# Top Water Lure tangle issue



## prelude13 (Sep 15, 2013)

I've been trying to fish topwater twitch baits and I'm having an issue where about every other cast the line is getting tangles up in the treble hooks. I'm using 12lb mono and can't figure out why it keeps getting tangled. Anyone have any suggestions on how to keep it from happening? Thanks


----------



## Chris Gatorfan (Apr 8, 2012)

I have this same issue sometimes. I think it has to do with point of release. I notice that when i do shotgun cast it very rarely happens. But when i do more of a lob cast, ever with spoons the Yang's become more frequent. Try releasing more around 9-10 o'clock instead of 11-12 or lobing and see what happens.
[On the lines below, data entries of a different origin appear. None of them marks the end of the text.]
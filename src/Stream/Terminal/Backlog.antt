-- ===== src/Stream/Terminal/Backlog.antt =====
-- A session that nobody listens to yet: its events wait for the first subscriber.
use mathlib.Core.Path.{subst}
use mathlib.Core.List.{append-nil, append_assoc}
use wireops.Prelude.{
  ℕ, ◌≡◌, refl, ap, sym, ◌∙◌, Option, some, List, [], ◌∷◌, ◌++◌, ◌>>=◌, arith, In,
}
use wireops.Go.Text.{Text}
use wireops.Go.Assoc.{put}
use wireops.Stream.{Hub, get_list, add_subscriber, send}
use wireops.Stream.Delivery.{offered, get_list-put, get_list-remove, set_channel-same}
use wireops.Stream.Sound.{send-delivers}
use wireops.Stream.Terminal.{Event, Broker, max_pending_events, keep_last, subscribe, publish}
use wireops.Stream.Terminal.Safety.{
  IsValid, at_put, loaded, subscribed, subscribe-loads, publish-idle,
}
use wireops.Stream.Terminal.Replay.{
  recent, IsReplayOf, recent-IsReplayOf, keep_last-recent, keep_last-bounded,
}

-- Events that are published one after the other.
abbrev pub publish_each : Text → List Event → Broker → Option Broker
publish_each session [] b = some b
publish_each session (ev ∷ evs) b = publish session ev b >>= publish_each session evs

backlog :
    (session : Text) (evs seen : List Event) (b : Broker)
    → IsValid b
    → get_list b.hub.subs session ≡ []
    → get_list b.pending session ≡ recent max_pending_events seen
    → (d : Broker) × (publish_each session evs b ≡ some d)
      × IsValid d
      × (get_list d.pending session ≡ recent max_pending_events (seen ++ evs))
backlog session [] seen b v idle p =
    (b, refl, v, p ∙ ap (recent max_pending_events) (sym (append-nil seen)))
backlog session (ev ∷ evs) seen b v idle p =
    let kept = keep_last max_pending_events (get_list b.pending session) ev in
    let c : Broker = record b { pending = put b.pending session kept } in
    let w : IsValid c = record {
      sound = v.sound;
      bounded =
          at_put b.pending session kept v.bounded
            (keep_last-bounded max_pending_events (omega arith) _ ev (v.bounded session));
    } in
    let (d, e, x, q) = backlog session evs (seen ++ (ev ∷ [])) c w idle (
      get_list-put b.pending session kept
      ∙ ap (λ l. keep_last max_pending_events l ev) p
      ∙ keep_last-recent max_pending_events (omega arith) seen ev) in
    (
      d,
      rw (publish-idle b v session ev idle) e,
      x,
      q ∙ ap (recent max_pending_events) (append_assoc seen (ev ∷ []) evs),
    )

-- What is published to a session that has no subscriber and no backlog reaches the first subscriber:
-- the calls return, and its channel holds, in order, all the events if there are at most 256, and
-- else the last 256 of them; the backlog is gone.
pub subscribe-replay :
    (session : Text) (evs : List Event) (b : Broker)
    → IsValid b
    → get_list b.hub.subs session ≡ []
    → get_list b.pending session ≡ []
    → (d c : Broker) × (id : ℕ) × (publish_each session evs b ≡ some d)
      × (subscribe session d ≡ some (c, id))
      × IsReplayOf max_pending_events (c.hub.channels id).queue evs
      × (get_list c.pending session ≡ [])
unfolding add_subscriber
subscribe-replay session evs b v idle none_yet =
    let (d, e, w, q) = backlog session evs [] b v idle none_yet in
    (
      d,
      subscribed d w session,
      d.hub.fresh,
      e,
      subscribe-loads d w session,
      subst (λ l. IsReplayOf max_pending_events l evs)
          (sym (
            ap (λ c. c.queue) (set_channel-same d.hub.channels d.hub.fresh (loaded d w session))
            ∙ q))
          (recent-IsReplayOf max_pending_events evs),
      get_list-remove d.pending session,
    )

-- A session that has subscribers keeps no backlog: each of its subscribers is offered the event,
-- and gets it at the end of its channel unless that is full; no other channel changes.
pub publish-delivers :
    (session : Text) (ev : Event) (b : Broker) (i : ℕ)
    → IsValid b
    → In i (get_list b.hub.subs session)
    → (d : Broker) × (publish session ev b ≡ some d)
      × (d.pending ≡ b.pending)
      × ((j : ℕ)
          → In j (get_list b.hub.subs session)
          → d.hub.channels j ≡ offered ev (b.hub.channels j))
      × ((j : ℕ) → ¬ (In j (get_list b.hub.subs session)) → d.hub.channels j ≡ b.hub.channels j)
unfolding publish
publish-delivers session ev b i v here_it_is =
    let (hub, e, s, reached, others) = send-delivers b.hub v.sound session ev in
    (
      record b { hub = hub },
      some_subscriber (get_list b.hub.subs session) refl here_it_is hub e,
      refl,
      reached,
      others,
    )
  where
    some_subscriber :
        (is : List ℕ)
        → get_list b.hub.subs session ≡ is
        → In i is
        → (hub : Hub Event) → send session ev b.hub ≡ some hub
        → publish session ev b ≡ some (record b { hub = hub })
    some_subscriber [] q k hub e = elim k [ ]
    some_subscriber (x ∷ is) q k hub e = rw (q, publish) (rw e refl)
Works for me.


----------



## fisheye48 (Sep 28, 2007)

change your retrieve...if its a walk the dog type quicker twitches keeps the walk tight and less line in the trebles


----------



## barefoot (Nov 3, 2011)

As your lure start to fall at the end of the cast, "feather" the line by using a finger tip to slow the line coming off the spool.

This does several things:

turns your lure facing you as it hits the water
straightens out your line, removing tangles, slack and so on
and I think it makes less noise when it hits the water when you control the descent.

As often happens as soon as the lure hits the water it will be hit and having no slack allows that quick reaction to set the hook.


----------



## lettheairout (Mar 11, 2008)

Use a very short leader maybe 6" make it with stiffer line I use 20 lb test. Keeps it from being so limp and getting under the body


----------



## fairpoint (May 9, 2013)

Put a split ring up front and take the front hook off.....when casting lay the rod straight back with the lure hangingdown then cast forward...it takes a little longer but the benefits are that you will cast farther and more accurate because your less likely to "Helicopter" your lure which causes fouling ......


----------



## Yakavelli (Mar 17, 2010)

I remove the front hook on problem lures.


----------



## SurfRidr (Apr 24, 2012)

barefoot said:


> As your lure start to fall at the end of the cast, "feather" the line by using a finger tip to slow the line coming off the spool.
> 
> This does several things:
> 
> ...


^^

I do a lot of this bass fishing when throwing topwaters on light line (which is limp and easy to foul). Easier with baitcaster, but it works as Barefoot noted with spinning gear. Also, assuming you're using spinning gear, make sure you keep your twist out of your line regularly, since the topwater twitchers will turn your brief moments of slack line into twist in a skinny minute and those loops are just waiting to get snagged by hooks on the next pause. Personally, I use a baitcaster when throwing top water walkers or weightless flukes, because a) that's what I'm used to from bass fishing, and b) because it does introduce line twist the way spinning gear does. But feathering the line as he puts it, does help.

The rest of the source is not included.